In fondo a questo tunnel c’erano solo due possibilità: la fuga di massa, soprattutto dei più giovani, o la riconversione industriale, trasformando gli svantaggi in opportunità e investendo massicciamente sul nuovo sapere e sul “capitale umano”, sul desiderio di riscatto che solo chi nasce e vive nelle periferie del pianeta può comprendere. Questo ci ha riportati all’ANNO ZERO e ha comportato una “dematerializzazione” dell’economia tradizionale, e l’apertura a nuovi settori come l’automotive e il digitale.

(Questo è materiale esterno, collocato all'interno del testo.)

-- ===== src/Batch/Messages.antt =====
-- The messages of a batch request in batch.go, and the rows made of them.
use gomsggw.Base.{
  ℕ, zero, suc, ◌+◌, ◌-◌, not, ◌&&◌, List, [], ◌∷◌, ◌++◌, none, String, Text, Eq_Text, ◌==◌, length,
  if◌then◌else◌,
}
use gomsggw.Base.Strings.{has_prefix}
use gomsggw.Numbers.{format_to_e164}
use gomsggw.Batch.{BatchMessageItem, pending}

-- `Variables` is a Go map: the list is the order in which the loop of `ApplyTemplate` visits it.
pub record BatchMessage : Type 0 where
  pub to : Text
  pub text : Text
  pub variables : List (Text × Text)

-- `strings.ReplaceAll(s, old, new)` for a text `old` that is not empty, past `skip` code points
unfoldable pub replace_from : ℕ → Text → Text → Text → Text
unfolding has_prefix
replace_from skip old new [] = []
replace_from (suc skip) old new (a ∷ s) = replace_from skip old new s
replace_from zero old new (a ∷ s) =
    let replaced = new ++ replace_from (length old - 1) old new s in
    let kept = a ∷ replace_from zero old new s in if has_prefix old (a ∷ s) then replaced else kept

abbrev pub replace_all : Text → Text → Text → Text
replace_all old new s = replace_from 0 old new s

abbrev pub placeholder : Text → Text
placeholder key = b'{' ∷ b'{' ∷ (key ++ (b'}' ∷ b'}' ∷ []))

unfoldable pub apply_template : Text → List (Text × Text) → Text
unfolding replace_from
apply_template template [] = template
apply_template template ((key, value) ∷ variables) =
    apply_template (replace_all (placeholder key) value template) variables

unfoldable pub message_text : Text → BatchMessage → Text
unfolding apply_template
message_text template msg =
    if msg.text == [] && not (template == [])
    then apply_template template msg.variables
    else msg.text

unfoldable pub make_item : (ℕ → String) → Text → ℕ → BatchMessage → BatchMessageItem
unfolding message_text format_to_e164
make_item new_id template i msg = record {
  id = new_id i;
  index = i;
  to = (format_to_e164 msg.to).0;
  text = message_text template msg;
  status = pending;
  error = "";
  error_code = 0;
  queued_at = none;
  sent_at = none;
}

-- The items from index `i` on; `new_id i` is the UUID made for the message at `i`.
unfoldable pub make_items : (ℕ → String) → Text → ℕ → List BatchMessage → List BatchMessageItem
unfolding make_item
make_items new_id template i [] = []
make_items new_id template i (msg ∷ messages) =
    make_item new_id template i msg ∷ make_items new_id template (i + 1) messages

Il cambiamento atteso deriva da lunghi anni di formazione, di networking con ricercatori dell’Università di Bari, startup e imprese che hanno individuato nel nostro territorio un hub “vergine” da dove iniziare a formare nuove figure professionali. E quando sei all’anno zero, la ricostruzione è più semplice, le menti non sono “otturate” da pregiudizi, paure e preconcetti, ma si lavora in un clima di fiducia, ci si dà speranza a vicenda. Pensate alla Germania del miracolo economico: due volte crollata, due volte rialzata. La differenza l’hanno fatta le persone, e le politiche inclusive che hanno visto nel diverso una ricchezza, non un limite.

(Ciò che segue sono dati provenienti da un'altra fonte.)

-- ===== src/Batch/Csv.antt =====
-- `ParseCSVBatch` of batch.go. The reader of the csv package and `strings.ToLower` are parameters:
-- a file is what the reader gives, its header and then its records, each of which may be an error.
use gomsggw.Base.{
  ℕ, zero, suc, ◌+◌, Bool, false, ◌||◌, List, [], ◌∷◌, ◌++◌, Option, none, some, Text, codes,
  Eq_Text, ◌==◌, if◌then◌else◌,
}
use gomsggw.ApiKeys.{trim_space}
use gomsggw.Batch.Messages.{BatchMessage}

pub record CsvFile : Type 0 where
  pub header : Option (List Text)
  pub records : List (Option (List Text))

pub data CsvResult : Type 0 where
  no_header no_to_column no_messages : CsvResult
  bad_line : ℕ → CsvResult
  parsed : List BatchMessage → CsvResult

-- The columns that the header names; `none` stands for the index -1.
pub record CsvColumns : Type 0 where
  pub to_idx : Option ℕ
  pub text_idx : Option ℕ
  pub var_cols : List (ℕ × Text)

abbrev pub among : Text → List Text → Bool
among s [] = false
among s (t ∷ ts) = s == t || among s ts

abbrev pub to_names : List Text
to_names = codes "to" ∷ codes "phone" ∷ codes "number" ∷ codes "destination" ∷ []

abbrev pub text_names : List Text
text_names = codes "text" ∷ codes "message" ∷ codes "body" ∷ []

unfoldable pub column : (Text → Text) → ℕ → Text → CsvColumns → CsvColumns
unfolding trim_space
column to_lower i col cols =
    let normalized = trim_space (to_lower col) in
    if among normalized to_names
    then record cols { to_idx = some i }
    else if among normalized text_names
    then record cols { text_idx = some i }
    else record cols { var_cols = cols.var_cols ++ ((i, trim_space col) ∷ []) }

unfoldable pub columns : (Text → Text) → ℕ → List Text → CsvColumns → CsvColumns
unfolding column
columns to_lower i [] cols = cols
columns to_lower i (col ∷ header) cols =
    columns to_lower (i + 1) header (column to_lower i col cols)

abbrev pub get_elem? : List Text → ℕ → Option Text
get_elem? [] i = none
get_elem? (x ∷ xs) zero = some x
get_elem? (x ∷ xs) (suc i) = get_elem? xs i

abbrev pub trimmed_or_empty : Option Text → Text
trimmed_or_empty none = []
trimmed_or_empty (some s) = trim_space s

abbrev pub text_of : Option ℕ → List Text → Text
text_of none fields = []
text_of (some i) fields = trimmed_or_empty (get_elem? fields i)

abbrev pub with_variable : Text → Option Text → List (Text × Text) → List (Text × Text)
with_variable name none rest = rest
with_variable name (some value) rest = (name, trim_space value) ∷ rest

unfoldable pub variables_of : List (ℕ × Text) → List Text → List (Text × Text)
unfolding trim_space
variables_of [] fields = []
variables_of ((i, name) ∷ cols) fields =
    with_variable name (get_elem? fields i) (variables_of cols fields)

abbrev pub row_message : CsvColumns → List Text → Text → BatchMessage
row_message cols fields to = record {
  to = to;
  text = text_of cols.text_idx fields;
  variables = variables_of cols.var_cols fields;
}

-- A short row, and one with no destination, is passed over.
unfoldable pub message_of_row : ℕ → CsvColumns → List Text → List BatchMessage
unfolding trim_space variables_of
message_of_row to_idx cols fields =
    let to = trimmed_or_empty (get_elem? fields to_idx) in
    if to == [] then [] else row_message cols fields to ∷ []

abbrev pub with_messages : List BatchMessage → CsvResult → CsvResult
with_messages new (parsed messages) = parsed (new ++ messages)
with_messages new failure = failure

unfoldable pub parse_rows : ℕ → CsvColumns → ℕ → List (Option (List Text)) → CsvResult
unfolding message_of_row
parse_rows to_idx cols line [] = parsed []
parse_rows to_idx cols line (none ∷ records) = bad_line line
parse_rows to_idx cols line (some fields ∷ records) =
    with_messages (message_of_row to_idx cols fields) (parse_rows to_idx cols (line + 1) records)

abbrev pub refuse_empty : CsvResult → CsvResult
refuse_empty (parsed []) = no_messages
refuse_empty result = result

abbrev pub parse_columns : Option ℕ → CsvColumns → List (Option (List Text)) → CsvResult
parse_columns none cols records = no_to_column
parse_columns (some i) cols records = refuse_empty (parse_rows i cols 2 records)

abbrev pub no_columns : CsvColumns
no_columns = record { to_idx = none; text_idx = none; var_cols = [] }

abbrev pub parse_with_header :
    (Text → Text) → Option (List Text) → List (Option (List Text)) → CsvResult
parse_with_header to_lower none records = no_header
parse_with_header to_lower (some header) records =
    let cols = columns to_lower 0 header no_columns in parse_columns cols.to_idx cols records

unfoldable pub parse_csv_batch : (Text → Text) → CsvFile → CsvResult
unfolding columns parse_rows
parse_csv_batch to_lower file = parse_with_header to_lower file.header file.records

Così in questo humus rigenerato, il cambiamento trova terreno fertile perchè accolto da spiriti liberi e temprati al nuovo, sufficientemente assetati e, come direbbe Steve Jobs, un pò folli. Noi lo siamo stati tanto, forse troppo!
Nasce così il sogno Murgia Valley, sogno che oggi sta diventando realtà: imprese, uomini, pronti a mettersi in gioco e a sfidare la natura agricola e piuttosto “chiusa” del territorio, con l’obiettivo di creare un polo tecnologico che un giorno sarà meta di tour da parte di studenti, giovani imprenditori, grandi aziende, investitori di tutto il mondo, come esempio di volontà di rinascita imprenditoriale e sviluppo economico del territorio. Progresso dunque come evoluzione neutrale di un territorio che riconosce e valorizza le proprie origini. Perché non è il territorio a fare l’uomo, ma è l’uomo che decide le sorti di un territorio.
COME MISURIAMO IL PROGRESSO?
Come lo misuriamo questo progresso? Sono numerosi gli indicatori che il pensiero economico suggerisce, ma noi ci definiamo per antonomasia BILOSOFI, ovvero sostenitori del cosiddetto BIL, il “Benessere Interno Lordo”, l’unica unità di misura in grado di collegare risultati produttivi e benessere degli uomini. E per BENESSERE, scorrendo tra i desk dei nostri collaboratori e tra le aziende della Murgia Valley, intendiamo la flessibilità oraria, l’attenzione alla cura della famiglia e della persona, la valorizzazione dello sport e del tempo libero…
In quanto artefice del progresso, è giusto che l’uomo venga ricompensato, che viva i vantaggi del progresso. Sicuramente uno dei vantaggi più sensibili è una migliore qualità della vita, intendo vita lavorativa e vita personale.
Riuscire a comprendere ciò mi rendo conto presuppone due atteggiamenti: una predisposizione al progresso, non tanto materiale, quanto morale e civile, di chi gestisce il progresso ed è nelle condizioni di far vivere i risultati concreti del progresso (le aziende), ma non solo, richiede una maturità da parte di chi è messo nella condizione di vivere quotidianamente i vantaggi del progresso (gli uomini). Quando ci sarà equilibrio tra i due, allora la società sentirà i benefici del progresso.